Яков Маркович снял очки. Потом надел. Потом спросил:

— Кто вам сказал?

— По радио объявили. Только что. В 11 утра.

И тут из-за тяжелой старинной двери, отделяющей аудиторию от коридора, все услышали топот ног и громогласное: «Ура!»

Какой-то незнакомый парень влетел в аудиторию и срывающимся голосом стал выкрикивать отдельные слова: «Майор Гагарин! Гражданин СССР! Корабль «Восток»! 302 километра от земли в перигее! 175 километров в апогее! Благополучная посадка! В заданном районе Советского Союза! Ураааааа!!!» — и исчез.

Тишина была недолгой, может, секунду, а потом Яков Маркович снял очки и сказал:

— Наоборот, молодой человек, все строго наоборот — вы просто перепутали апогей с перигеем.

И улыбнулся вдруг — и те, кто видели впервые в жизни улыбку Яшки Ужасного, потом будут рассказывать об этом как о чуде.

И вот тогда вся аудитория закричала «Ураааааа!!!»

* * *

Учебный день был практически официально сорван, а, так как погода была очень даже теплая, все высыпали на улицу.

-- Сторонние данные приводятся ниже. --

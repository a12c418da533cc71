-- ===== src/Ledger/Payouts/Void.antt =====
-- `void_reorged_payout` of crates/pool-db/src/queries.rs as a whole.
use zcash_mining_pool.Prelude.{
  ℕ, ◌≡◌, refl, sym, ap, subst, String, Bool, true, false, List, [], ◌∷◌, arith, ◌==◌, leb, length,
  Bool-cases, ◌⊎◌, inl, inr, pos, sum_by, ok,
}
use zcash_mining_pool.Sql.{affected, select, delete, update}
use zcash_mining_pool.Ledger.Tables.{Payout, Db}
use zcash_mining_pool.Ledger.Transactions.{committed, rolled_back}
use zcash_mining_pool.Ledger.Payouts.{
  is_fresh, of_txid, fail_attempt, void_reorged_payout_txn, void_reorged_payout,
}
use zcash_mining_pool.Ledger.Payouts.Sound.{IsSound, IsSound-money, owed}
use zcash_mining_pool.Ledger.Payouts.Voiding.{start-IsVoiding, void_rows-Voids, finish-IsSound}

delete-none {ℓ} : {A : Type ℓ} (p : A → Bool) (xs : List A) → select p xs ≡ [] → delete p xs ≡ xs
unfolding select delete
delete-none p [] h = refl
delete-none p (x ∷ xs) h = elim (Bool-cases (p x)) [
  | inl e ↦ let h' : x ∷ select p xs ≡ [] = rw e at h in cc
  | inr e ↦ rw e (ap (◌∷◌ x) (delete-none p xs (rw e at h)))
]

module _ (txid : String) (now : ℕ) where
  -- What a void of a sound database comes to.
  pub record HasReturned (db db' : Db) : Type 0 where
    pub runs :
        void_reorged_payout_txn txid now db
        ≡ ok (
          (
            length (select (of_txid txid) db.payouts),
            sum_by (λ (p : Payout). p.amount) (select (of_txid txid) db.payouts),
          ),
          db',
        )
    pub sound : IsSound db'
    pub keeps : owed db' ≡ owed db
    pub payouts : db'.payouts ≡ delete (of_txid txid) db.payouts
    pub items : db'.items ≡ db.items
    pub only :
        db' ≡ record db { balances = db'.balances; payouts = db'.payouts; attempts = db'.attempts }
    pub fails :
        (db'.attempts ≡ db.attempts)
        ⊎ (db'.attempts ≡ update (λ a. true) (fail_attempt txid) db.attempts)

  module _ (db : Db) (h : IsSound db) (old : affected (is_fresh txid now) db.payouts ≡ 0) where
    void_some :
        (p : Payout) (ps : List Payout)
        → select (of_txid txid) db.payouts ≡ p ∷ ps
        → (db' : Db) × HasReturned db db'
    unfolding void_reorged_payout_txn owed
    void_some p ps e =
        let (d, v) =
          void_rows-Voids (select (of_txid txid) db.payouts) (delete (of_txid txid) db.payouts) db
            (start-IsVoiding (of_txid txid) db h) in
        let rows : d.payouts ≡ db.payouts = ap (λ (x : Db). x.payouts) v.only in
        let left : delete (of_txid txid) d.payouts ≡ delete (of_txid txid) db.payouts =
          ap (delete (of_txid txid)) rows in
        let many : (length (select (of_txid txid) db.payouts) == 0) ≡ false = rw e (ground arith) in
        let d' : Db = record d {
          payouts = delete (of_txid txid) d.payouts;
          attempts = update (λ a. true) (fail_attempt txid) d.attempts;
        } in
        (
          d',
          record {
            runs = rw (old, many, v.runs) refl;
            sound =
                IsSound-money (record d { payouts = delete (of_txid txid) d.payouts }) d' refl
                  (subst (λ ps. IsSound (record d { payouts = ps })) (sym left)
                    (finish-IsSound (delete (of_txid txid) db.payouts) d v.voids));
            keeps = v.keeps;
            payouts = left;
            fails = inr (ap (λ (x : Db). update (λ a. true) (fail_attempt txid) x.attempts) v.only);
            items = ap (λ (x : Db). x.items) v.only;
            only =
                ap (λ (x : Db). record x { payouts = d'.payouts; attempts = d'.attempts }) v.only;
          },
        )

    void_none : select (of_txid txid) db.payouts ≡ [] → (db' : Db) × HasReturned db db'
    unfolding void_reorged_payout_txn sum_by
    void_none e = (
      db,
      record {
        runs = rw (old, e) refl;
        sound = h;
        keeps = refl;
        payouts = sym (delete-none (of_txid txid) db.payouts e);
        items = refl;
        only = refl;
        fails = inl refl;
      },
    )

    by_rows :
        (rows : List Payout)
        → select (of_txid txid) db.payouts ≡ rows
        → (db' : Db) × HasReturned db db'
    by_rows [] e = void_none e
    by_rows (p ∷ ps) e = void_some p ps e

    pub void-HasReturned : (db' : Db) × HasReturned db db'
    void-HasReturned = by_rows (select (of_txid txid) db.payouts) refl

runs_committed :
    (txid : String) (now : ℕ) (db db' : Db)
    → HasReturned txid now db db'
    → let rows = select (of_txid txid) db.payouts in
      void_reorged_payout true txid now db
      ≡ (ok (length rows, sum_by (λ (p : Payout). p.amount) rows), db')
unfolding void_reorged_payout
runs_committed txid now db db' v = committed (void_reorged_payout_txn txid now) db v.runs

-- On a sound database a void that commits never fails where no payment under the transaction is
-- younger than sixty minutes: it answers with the number and the sum of the payment's rows, deletes
-- exactly those, gives their amounts back to pending so that the sum of all balances stays, and
-- leaves the tables sound and the reservations alone.
pub void_returns :
    (txid : String) (now : ℕ) (db : Db)
    → IsSound db
    → affected (is_fresh txid now) db.payouts ≡ 0
    → let rows = select (of_txid txid) db.payouts in
      let (r, db') = void_reorged_payout true txid now db in
      (r ≡ ok (length rows, sum_by (λ (p : Payout). p.amount) rows))
      × IsSound db'
      × (owed db' ≡ owed db)
      × (db'.payouts ≡ delete (of_txid txid) db.payouts)
      × (db'.items ≡ db.items)
void_returns txid now db h old =
    let (db', v) = void-HasReturned txid now db h old in
    rw (runs_committed txid now db db' v) (refl, v.sound, v.keeps, v.payouts, v.items)

too_fresh :
    (txid : String) (now : ℕ) (db : Db)
    → leb 1 (affected (is_fresh txid now) db.payouts) ≡ true
    → void_reorged_payout_txn txid now db ≡ ok ((0, pos 0), db)
unfolding void_reorged_payout_txn
too_fresh txid now db h = rw h refl

-- Either nothing happens, or the void commits with no fresh row.
pub void_cases :
    (commits : Bool) (txid : String) (now : ℕ) (db : Db)
    → IsSound db
    → let db' = (void_reorged_payout commits txid now db).1 in
      (db' ≡ db)
      ⊎ ((commits ≡ true)
          × (affected (is_fresh txid now) db.payouts ≡ 0)
          × HasReturned txid now db db')
unfolding void_reorged_payout
void_cases false txid now db h = inl (rolled_back (void_reorged_payout_txn txid now) db)
void_cases true txid now db h =
    elim (Bool-cases (leb 1 (affected (is_fresh txid now) db.payouts))) [
      | inl fresh ↦
          rw (committed (void_reorged_payout_txn txid now) db (too_fresh txid now db fresh))
            (inl refl)
      | inr old ↦
          let none_fresh : affected (is_fresh txid now) db.payouts ≡ 0 = ground arith in
          let (db', v) = void-HasReturned txid now db h none_fresh in
          rw (committed (void_reorged_payout_txn txid now) db v.runs) (inr (refl, none_fresh, v))
    ]

-- A void keeps a sound database sound, and the sum of all balances, in every case.
pub void_reorged_payout-IsSound :
    (commits : Bool) (txid : String) (now : ℕ) (db : Db)
    → IsSound db
    → let db' = (void_reorged_payout commits txid now db).1 in IsSound db' × (owed db' ≡ owed db)
void_reorged_payout-IsSound commits txid now db h = elim (void_cases commits txid now db h) [
  | inl same ↦ rw same (h, refl)
  | inr (_, _, v) ↦ (v.sound, v.keeps)
]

Там уже стали готовить митинг — пока только подключили репродукторы, из которых снова и снова дикторы, не скрывающие волнения и радости в голосе, читали то сообщение ТАСС, то обращение ЦК КПСС, Президиума Верховного Совета СССР и правительства Советского Союза, то телеграмму товарища Хрущева майору Гагарину.

Благо, что общага была рядом, Ленка решила сбегать и переодеться — как раз накануне она закончила шить новое платье, которое делала по польскому журналу мод — и не надеть его в такой день было бы настоящим преступлением.

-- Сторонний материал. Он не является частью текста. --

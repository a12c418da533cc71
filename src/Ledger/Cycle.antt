-- ===== src/Ledger/Cycle.antt =====
-- crates/pool-db/src/queries.rs: any interleaving of the operations on rewards and payouts, by whichever
-- task calls them, each with a transaction that commits or does not.
use zcash_mining_pool.Prelude.{
  ℕ, ◌≡◌, refl, ap, ◌∙◌, String, Bool, true, false, List, ℤ, pos, ◌+ℤ◌, ◌-ℤ◌, ◌≢◌, length, some,
  parts_of_eq, +ℤ_assoc, int_laws, ok, ◌>>=◌, All,
}
use zcash_mining_pool.Ledger.Tables.{Db, transact}
use zcash_mining_pool.Ledger.Transactions.{rolled_back}
use zcash_mining_pool.Ledger.Payouts.{
  void_reorged_payout, reserve_payout, confirm_payout, refund_payout, confirm_payout_txn,
  refund_payout_txn,
}
use zcash_mining_pool.Ledger.Payouts.Sound.{IsSound, owed}
use zcash_mining_pool.Ledger.Payouts.Reserve.{reserve_payout-IsSound, reserve_items-owed}
use zcash_mining_pool.Ledger.Payouts.Saga.{confirm_settles, refund_releases}
use zcash_mining_pool.Ledger.Credits.{
  distribute_block_credits, distribute_credits, reverse_block_credits_precise, of_block, costs_of,
}
use zcash_mining_pool.Sql.{select}
use zcash_mining_pool.Ledger.Payouts.Void.{void_reorged_payout-IsSound}
use zcash_mining_pool.Ledger.Credits.Reversing.{IsPositiveCredit}
use zcash_mining_pool.Ledger.Credits.Reversal.{reverse_accounts}
use zcash_mining_pool.Ledger.Credits.Distribution.{
  distribute_adds, amounts, IsCredit, IsDistinct, IsFresh, HasKeys,
}

-- One operation on the database, and the amount that it credits.
pub data Step : Db → ℤ → Db → Type 0 where
  reserve :
      (commits : Bool) (k : ℕ) (xs : List (ℕ × ℤ)) (db : Db)
      → Step db (pos 0) (reserve_payout commits k xs db).1
  confirm :
      (commits : Bool) (k : ℕ) (txid : String) (now : ℕ) (db : Db)
      → Step db (pos 0) (confirm_payout commits k txid now db).1
  refund : (commits : Bool) (k : ℕ) (db : Db) → Step db (pos 0) (refund_payout commits k db).1
  credit :
      (block : ℕ) (xs : List (ℕ × ℤ)) (db : Db)
      → All IsCredit xs
      → IsDistinct xs
      → All (IsFresh block db.credits) xs
      → All (HasKeys block db) xs
      → Step db (amounts xs) (distribute_block_credits true block xs db).1
  credit_lost :
      (block : ℕ) (xs : List (ℕ × ℤ)) (db : Db)
      → Step db (pos 0) (distribute_block_credits false block xs db).1
  void :
      (commits : Bool) (txid : String) (now : ℕ) (db : Db)
      → Step db (pos 0) (void_reorged_payout commits txid now db).1
  reverse :
      (block : ℕ) (stamped taken clawback : ℤ) (db : Db)
      → All IsPositiveCredit db.credits
      → length (select (of_block block) db.credits) ≢ 0
      → costs_of block db.blocks ≡ some stamped
      → (reverse_block_credits_precise true block db).0 ≡ ok (some (taken, clawback))
      → Step db (pos 0 -ℤ taken) (reverse_block_credits_precise true block db).1

-- What is reached from a database, with the sum of what was credited.
pub data Reach (start : Db) : ℤ → Db → Type 0 where
  here : Reach start (pos 0) start
  next :
      {total amount : ℤ} {db db' : Db}
      → Reach start total db
      → Step db amount db'
      → Reach start (total +ℤ amount) db'

-- What a step keeps.
abbrev Keeps : Db → ℤ → Db → Type 0
Keeps db amount db' = IsSound db' × (owed db' ≡ owed db +ℤ amount)

unchanged : (db db' : Db) → IsSound db → db' ≡ db → Keeps db (pos 0) db'
unchanged db db' h e = rw e (h, omega int_laws)

same_owed : (db db' : Db) → owed db' ≡ owed db → owed db' ≡ owed db +ℤ pos 0
same_owed db db' e = rw e (omega int_laws)

Step-Keeps : {db db' : Db} {amount : ℤ} → Step db amount db' → IsSound db → Keeps db amount db'
unfolding reserve_payout confirm_payout refund_payout distribute_block_credits transact
Step-Keeps (reserve true k xs db) h =
    (reserve_payout-IsSound true k xs db h, same_owed db _ (reserve_items-owed k xs db))
Step-Keeps (reserve false k xs db) h = unchanged db db h refl
Step-Keeps (confirm true k txid now db) h =
    let (_, sound, kept, _, _) = confirm_settles k txid now db h in (sound, same_owed db _ kept)
Step-Keeps (confirm false k txid now db) h =
    unchanged db _ h (rolled_back (confirm_payout_txn k txid now) db)
Step-Keeps (refund true k db) h =
    let (_, sound, kept, _, _) = refund_releases k db h in (sound, same_owed db _ kept)
Step-Keeps (refund false k db) h = unchanged db _ h (rolled_back (refund_payout_txn k) db)
Step-Keeps (credit block xs db c d f k) h =
    let (_, sound, grown, _) = distribute_adds block xs db h c d f k in (sound, grown)
Step-Keeps (credit_lost block xs db) h =
    unchanged db _ h
      (rolled_back {A = Unit {0}} (λ d. distribute_credits block xs d >>= λ db'. ok (tt, db')) db)
Step-Keeps (void commits txid now db) h =
    let (sound, kept) = void_reorged_payout-IsSound commits txid now db h in
    (sound, same_owed db _ kept)
Step-Keeps (reverse block stamped taken clawback db plus some_left found runs) h =
    let (taken', clawback', runs', _, debits, _, _, sound) =
      reverse_accounts block stamped db h plus some_left found in
    let same : taken' ≡ taken = cc in
    (sound, omega (int_laws, parts_of_eq debits, parts_of_eq same))

-- From a sound database every interleaving of reservations, confirmations and refunds of any attempts,
-- committed or rolled back, of voids of payments, of distributions of new credits and of reversals of
-- positive ones leads to a sound database, and the sum of all balances has changed by exactly the
-- sum of what was credited less what was taken back.
pub Reach-IsSound :
    {start db : Db} {total : ℤ}
    → IsSound start
    → Reach start total db
    → IsSound db × (owed db ≡ owed start +ℤ total)
Reach-IsSound {start} h here = (h, omega int_laws)
Reach-IsSound {start} h (next {total} {amount} {db} {db'} r s) =
    let (sound, so_far) = Reach-IsSound h r in
    let (sound', grown) = Step-Keeps s sound in
    (sound', grown ∙ ap (λ v. v +ℤ amount) so_far ∙ +ℤ_assoc (owed start) total amount)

Она взлетела на третий этаж, свернула в коридор — и около своей двери увидела двух мужчин в плащах и шляпах. С портфелями в руках. Оба смотрели, как она приближается к двери. Почему-то Ленка напряглась.

— Елена Эдуардовна? — вежливо спросил один мужчина и снял шляпу.

— Да, а что?

— Вы не могли бы уделить нам немного времени? — сказал мужчина. Голос у него, как отметила для себя Ленка, был очень приятный, как у певца или актера.

— А по какому вопросу, товарищи? — бесстрашно спросила Ленка, хотя почему-то ей стало тревожно. Может, отец нашелся? Отец пропал во время войны на оккупированной территории и маме, члену партии, однажды пришлось даже писать объяснительную в парторганизацию — с этим тогда было очень строго.

— Давайте мы пройдем в вашу комнату и там мы вам все объясним, — сказал второй мужчина и тоже снял шляпу. Он был удивительно похож на первого, только небольшие усики над губой и небольшой шрам на виске.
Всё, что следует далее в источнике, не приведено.